Oil prices gave up earlier gains that had seen Brent climb back above $40 for the first time in almost three months. Brent, the international benchmark, fell 0.7 per cent to $39.25 a barrel. US marker West Texas Intermediate slipped 0.1 per cent to $36.80.
A planned Opec+ meeting on Thursday was in doubt after a dispute erupted over producers’ compliance with an agreement to curb production.

Equity markets in the Asia-Pacific region rose, with South Korea’s Kospi adding nearly 3 per cent after Seoul unveiled an additional $29bn stimulus programme to help support the economy.

“Markets are in full liquidity-on mode” as investors look through headwinds including geopolitical friction such as over the future of Hong Kong, strategists at HSBC said in a note.

“Instead, newsflow around new stimulus packages and possible vaccine breakthroughs are greeted jubilantly. This might continue in the short term, but is hardly sustainable,” they added.

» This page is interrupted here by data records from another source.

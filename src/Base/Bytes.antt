-- ===== src/Base/Bytes.antt =====
-- Text as the list of its bytes: equality, prefixes, `strings.Cut`, and the byte order.
use Prim.Native.Char.{code}
use Prim.Native.Nat.{ℕ}
use Prim.Native.String.{String}
use mathlib.Core.Path.{◌≡◌, refl}
use mathlib.Core.Logic.{◌↔◌, inl, inr}
use mathlib.Core.Bool.{Bool, true, false, ◌&&◌}
use mathlib.Core.Option.{Option, none, some}
use mathlib.Core.List.{List, [], ◌∷◌, ◌++◌}
use native.Mathlib.Omega.{arith}
use openbao_cloud_creds.Base.Tests.{◌==◌, if◌then◌else◌, Option-cases}

abbrev pub Text : Type 0
Text = List ℕ

-- The bytes of a literal (the source's literals are ASCII).
abbrev pub text : String → Text
text String.[] = []
text (String.◌∷◌ c s) = code c ∷ text s

unfoldable pub text_eq : Text → Text → Bool
text_eq [] [] = true
text_eq (a ∷ s) (b ∷ t) = a == b && text_eq s t
text_eq _ _ = false

pub text_eq_iff : (s t : Text) → (text_eq s t ≡ true) ↔ (s ≡ t)
unfolding text_eq
text_eq_iff [] [] = (λ _. refl, λ _. refl)
text_eq_iff [] (b ∷ t) = (λ h. cc, λ h. cc)
text_eq_iff (a ∷ s) [] = (λ h. cc, λ h. cc)
text_eq_iff (a ∷ s) (b ∷ t) =
    (λ h. ground (arith, (text_eq_iff s t).0), λ h. ground (arith, (text_eq_iff s t).1))

pub text_eq_refl : (s : Text) → text_eq s s ≡ true
text_eq_refl s = (text_eq_iff s s).1 refl

-- `s != ""`.
abbrev pub is_empty {ℓ} : {A : Type ℓ} → List A → Bool
is_empty [] = true
is_empty (_ ∷ _) = false

unfoldable pub has_prefix : Text → Text → Bool
has_prefix s [] = true
has_prefix [] (b ∷ p) = false
has_prefix (a ∷ s) (b ∷ p) = a == b && has_prefix s p

pub has_prefix-append : (p s : Text) → has_prefix (p ++ s) p ≡ true
unfolding has_prefix
has_prefix-append [] s = refl
has_prefix-append (a ∷ p) s = ground (arith, has_prefix-append p s)

-- `s` with the prefix `p` taken off, if it has it.
unfoldable pub strip_prefix : Text → Text → Option Text
strip_prefix s [] = some s
strip_prefix [] (b ∷ p) = none
strip_prefix (a ∷ s) (b ∷ p) = if a == b then strip_prefix s p else none

pub strip_prefix-eq : (s p : Text) {r : Text} → strip_prefix s p ≡ some r → s ≡ p ++ r
unfolding strip_prefix
strip_prefix-eq s [] h = ground arith
strip_prefix-eq [] (b ∷ p) h = cc
strip_prefix-eq (a ∷ s) (b ∷ p) {r} h = ground (arith, strip_prefix-eq s p {r = r})

pub append_cancel_left : (p s t : Text) → p ++ s ≡ p ++ t → s ≡ t
append_cancel_left [] s t h = h
append_cancel_left (a ∷ p) s t h = append_cancel_left p s t (cc)

-- `strings.Cut(s, sep)`: the text before and after the first `sep`.
unfoldable pub cut : Text → Text → Option (Text × Text)
unfolding strip_prefix
cut sep [] = elim (strip_prefix [] sep) [ some r ↦ some ([], r) | none ↦ none ]
cut sep (a ∷ s) =
    let rest = cut sep s in
    elim (strip_prefix (a ∷ s) sep) [
      | some r ↦ some ([], r)
      | none ↦ elim rest [ none ↦ none | some (before, after) ↦ some (a ∷ before, after) ]
    ]

-- What is cut off, put back with the separator, is the text.
pub cut-eq :
    (sep s : Text) {before after : Text}
    → cut sep s ≡ some (before, after)
    → s ≡ before ++ (sep ++ after)
unfolding cut
cut-eq sep [] h = elim (Option-cases (strip_prefix [] sep)) [
  | inl e ↦ ground arith
  | inr (r, e) ↦ ground (arith, strip_prefix-eq [] sep {r = r})
]
cut-eq sep (a ∷ s) {before} {after} h = elim (Option-cases (strip_prefix (a ∷ s) sep)) [
  | inr (r, e) ↦ ground (arith, strip_prefix-eq (a ∷ s) sep {r = r})
  | inl e ↦ elim (Option-cases (cut sep s)) [
    | inl f ↦ ground arith
    | inr ((b, c), f) ↦ ground (arith, cut-eq sep s {before = b} {after = c})
  ]
]
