-- ===== src/Base/Maps.antt =====
-- A Go map with string keys, as the list of its entries.
use mathlib.Core.Path.{◌≡◌, refl}
use mathlib.Core.Option.{Option, none, some}
use mathlib.Core.List.{List, [], ◌∷◌}
use native.Mathlib.Omega.{arith}
use openbao_cloud_creds.Base.Tests.{if◌then◌else◌}
use openbao_cloud_creds.Base.Bytes.{Text, text_eq, text_eq_iff}

module _ {ℓ} {A : Type ℓ} where
  unfoldable pub find_key : Text → List (Text × A) → Option A
  find_key key [] = none
  find_key key ((k, a) ∷ m) = if text_eq k key then some a else find_key key m

  -- `m[key] = a`: in the entry's place where there is one.
  unfoldable pub set_key : Text → A → List (Text × A) → List (Text × A)
  set_key key a [] = (key, a) ∷ []
  set_key key a ((k, b) ∷ m) = if text_eq k key then (k, a) ∷ m else (k, b) ∷ set_key key a m

  unfoldable pub remove_key : Text → List (Text × A) → List (Text × A)
  remove_key key [] = []
  remove_key key ((k, b) ∷ m) =
      if text_eq k key then remove_key key m else (k, b) ∷ remove_key key m

  unfoldable pub keys : List (Text × A) → List Text
  keys [] = []
  keys ((k, a) ∷ m) = k ∷ keys m

  unfoldable pub values : List (Text × A) → List A
  values [] = []
  values ((k, a) ∷ m) = a ∷ values m

module _ {ℓ} {A : Type ℓ} where
  pub find_key-set_key :
      (key k : Text) (a : A) (m : List (Text × A))
      → find_key key (set_key k a m) ≡ (if text_eq k key then some a else find_key key m)
  unfolding find_key set_key
  find_key-set_key key k a [] = refl
  find_key-set_key key k a ((j, b) ∷ m) =
      ground
        (arith, text_eq_iff k key, text_eq_iff j key, text_eq_iff j k, find_key-set_key key k a m)

  pub find_key-remove_key :
      (key k : Text) (m : List (Text × A))
      → find_key key (remove_key k m) ≡ (if text_eq k key then none else find_key key m)
  unfolding find_key remove_key
  find_key-remove_key key k [] = ground arith
  find_key-remove_key key k ((j, b) ∷ m) =
      ground
        (arith, text_eq_iff k key, text_eq_iff j key, text_eq_iff j k, find_key-remove_key key k m)

  -- Writing back what is there changes nothing.
  pub set_key-same :
      (key : Text) (a : A) (m : List (Text × A)) → find_key key m ≡ some a → set_key key a m ≡ m
  unfolding find_key set_key
  set_key-same key a [] h = ground arith
  set_key-same key a ((k, b) ∷ m) h = ground (arith, set_key-same key a m)
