-- ===== src/Base/Decimal.antt =====
-- `strconv`: decimal texts of integers, and their parsing; `strings.TrimSpace`.
use Prim.Native.Nat.{ℕ, zero, suc, ◌+◌, ◌-◌, ◌*◌, ◌/◌, ◌%◌, ◌≤◌, ◌<◌}
use mathlib.Core.Path.{◌≡◌, refl, ap, ◌∙◌}
use mathlib.Core.Logic.{inl, inr}
use mathlib.Core.Bool.{Bool, true, false, ◌&&◌, ◌||◌}
use mathlib.Core.Option.{Option, none, some}
use mathlib.Core.List.{[], ◌∷◌}
use native.Mathlib.Omega.{arith}
use openbao_cloud_creds.Base.Tests.{ltb, leb, ◌==◌, if◌then◌else◌, Bool-cases}
use openbao_cloud_creds.Base.Lists.{All}
use openbao_cloud_creds.Base.Bytes.{Text, is_empty}

-- A Go `int` or `int64`.
pub data ℤ : Type 0 where
  pos : ℕ → ℤ
  negsuc : ℕ → ℤ

-- The digits of a number in front of a text, the fuel being more than the number.
unfoldable pub emit : ℕ → ℕ → Text → Text
emit zero n rest = rest
emit (suc fuel) n rest = elim (ltb n 10) [
  | true ↦ (48 + n) ∷ rest
  | false ↦ emit fuel (n / 10) ((48 + n % 10) ∷ rest)
]

-- `strconv.FormatInt(n, 10)` of a number that is not negative.
unfoldable pub format : ℕ → Text
unfolding emit
format n = emit (suc n) n []

unfoldable pub is_digit : ℕ → Bool
is_digit c = leb 48 c && leb c 57

unfoldable pub parse_digits : ℕ → Text → Option ℕ
unfolding is_digit
parse_digits n [] = some n
parse_digits n (c ∷ cs) = elim (is_digit c) [
  | true ↦ parse_digits (n * 10 + (c - 48)) cs
  | false ↦ none
]

abbrev pub max_int : ℕ
max_int = 9_223_372_036_854_775_807

-- `strconv.ParseUint` with the bound of the sign.
unfoldable pub parse_below : ℕ → Text → Option ℕ
unfolding parse_digits
parse_below bound [] = none
parse_below bound (c ∷ cs) = elim (parse_digits 0 (c ∷ cs)) [
  | none ↦ none
  | some n ↦ if leb n bound then some n else none
]

unfoldable pub negate : ℕ → ℤ
negate zero = pos 0
negate (suc n) = negsuc n

-- `strconv.ParseInt(s, 10, 64)`, and `strconv.Atoi`.
unfoldable pub parse_int : Text → Option ℤ
unfolding parse_below negate
parse_int [] = none
parse_int (c ∷ cs) =
    if c == 45
    then elim (parse_below (max_int + 1) cs) [ none ↦ none | some n ↦ some (negate n) ]
    else if c == 43
    then elim (parse_below max_int cs) [ none ↦ none | some n ↦ some (pos n) ]
    else elim (parse_below max_int (c ∷ cs)) [ none ↦ none | some n ↦ some (pos n) ]

-- A white-space byte; the spaces that need more than one byte are left out.
unfoldable pub is_space : ℕ → Bool
is_space c = (leb 9 c && leb c 13) || c == 32

unfoldable pub trim_left : Text → Text
unfolding is_space
trim_left [] = []
trim_left (c ∷ cs) = let rest = trim_left cs in if is_space c then rest else c ∷ cs

unfoldable pub trim_right : Text → Text
unfolding is_space
trim_right [] = []
trim_right (c ∷ cs) =
    let rest = trim_right cs in if is_empty rest && is_space c then [] else c ∷ rest

unfoldable pub trim_space : Text → Text
trim_space s = trim_right (trim_left s)

is_digit-low : (n : ℕ) → n < 10 → is_digit (48 + n) ≡ true
unfolding is_digit
is_digit-low n h = ground arith

parse_digits-cons :
    (a n : ℕ) (rest : Text)
    → n < 10
    → parse_digits a ((48 + n) ∷ rest) ≡ parse_digits (a * 10 + n) rest
unfolding parse_digits
parse_digits-cons a n rest h =
    let q : 48 + n - 48 ≡ n = omega arith in rw (parse_digits, is_digit-low n h, q) refl

parse_digits-emit :
    (fuel n : ℕ) (rest : Text) → n < fuel → parse_digits 0 (emit fuel n rest) ≡ parse_digits n rest
unfolding emit
parse_digits-emit zero n rest h = ground arith
parse_digits-emit (suc fuel) n rest h = elim (Bool-cases (ltb n 10)) [
  | inl e ↦
      let q : 0 * 10 + n ≡ n = omega arith in
      rw (emit, e) (parse_digits-cons 0 n rest (ground arith) ∙ ap (λ k. parse_digits k rest) q)
  | inr e ↦
      let q : n / 10 * 10 + n % 10 ≡ n = omega arith in
      rw (emit, e)
        (parse_digits-emit fuel (n / 10) ((48 + n % 10) ∷ rest) (ground arith)
          ∙ parse_digits-cons (n / 10) (n % 10) rest (omega arith)
          ∙ ap (λ k. parse_digits k rest) q)
]

pub parse_digits-format : (n : ℕ) → parse_digits 0 (format n) ≡ some n
unfolding format parse_digits
parse_digits-format n = parse_digits-emit (suc n) n [] (omega arith)

-- Only digits are written, at least one.
abbrev pub AreDigits : Text → Type 0
AreDigits s = All (λ c. is_digit c ≡ true) s

emit-AreDigits : (fuel n : ℕ) (rest : Text) → AreDigits rest → AreDigits (emit fuel n rest)
unfolding emit
emit-AreDigits zero n rest h = h
emit-AreDigits (suc fuel) n rest h = elim (Bool-cases (ltb n 10)) [
  | inl e ↦ rw (emit, e) (is_digit-low n (ground arith), h)
  | inr e ↦
      rw (emit, e)
        (emit-AreDigits fuel (n / 10) ((48 + n % 10) ∷ rest)
          (is_digit-low (n % 10) (omega arith), h))
]

pub format-AreDigits : (n : ℕ) → AreDigits (format n)
unfolding format
format-AreDigits n = emit-AreDigits (suc n) n [] tt

emit_cons : (fuel n : ℕ) (c : ℕ) (rest : Text) → is_empty (emit fuel n (c ∷ rest)) ≡ false
unfolding emit
emit_cons zero n c rest = refl
emit_cons (suc fuel) n c rest = elim (Bool-cases (ltb n 10)) [
  | inl e ↦ rw (emit, e) refl
  | inr e ↦ rw (emit, e) (emit_cons fuel (n / 10) (48 + n % 10) (c ∷ rest))
]

pub format_full : (n : ℕ) → is_empty (format n) ≡ false
unfolding format emit
format_full n = elim (Bool-cases (ltb n 10)) [
  | inl e ↦ rw (emit, e) refl
  | inr e ↦ rw (emit, e) (emit_cons n (n / 10) (48 + n % 10) [])
]

pub parse_int-digits :
    (s : Text) (n : ℕ)
    → AreDigits s
    → is_empty s ≡ false
    → parse_digits 0 s ≡ some n
    → n ≤ max_int
    → parse_int s ≡ some (pos n)
unfolding parse_int parse_below is_digit
parse_int-digits [] n d f e h = cc
parse_int-digits (c ∷ cs) n d f e h =
    let minus : (c == 45) ≡ false = ground (arith, d.0) in
    let plus : (c == 43) ≡ false = ground (arith, d.0) in
    let small : leb n max_int ≡ true = ground arith in
    rw (parse_int, minus, plus, parse_below, e, small) refl

-- Printing and parsing are inverse as long as the number fits.
pub parse_int-format : (n : ℕ) → n ≤ max_int → parse_int (format n) ≡ some (pos n)
parse_int-format n h =
    parse_int-digits (format n) n (format-AreDigits n) (format_full n) (parse_digits-format n) h

digit_no_space : (c : ℕ) → is_digit c ≡ true → is_space c ≡ false
unfolding is_digit is_space
digit_no_space c h = ground arith

trim_left-digits : (s : Text) → AreDigits s → trim_left s ≡ s
unfolding trim_left
trim_left-digits [] d = refl
trim_left-digits (c ∷ cs) d = rw (trim_left, digit_no_space c d.0) refl

trim_right-digits : (s : Text) → AreDigits s → trim_right s ≡ s
unfolding trim_right
trim_right-digits [] d = refl
trim_right-digits (c ∷ cs) d = ground (arith, digit_no_space c d.0, trim_right-digits cs d.1)

pub trim_space-digits : (s : Text) → AreDigits s → trim_space s ≡ s
unfolding trim_space
trim_space-digits s d = ap trim_right (trim_left-digits s d) ∙ trim_right-digits s d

Elsewhere in Asia, China’s CSI 300 index of Shanghai- and Shenzhen-listed stocks was broadly flat after the Caixin purchasing managers’ index showed that Chinese services sector activity rose for the first time in four months in May. New orders jumped at the fastest pace in a decade, indicating a robust recovery in certain parts of the world’s second-largest economy following its Covid-19 outbreak.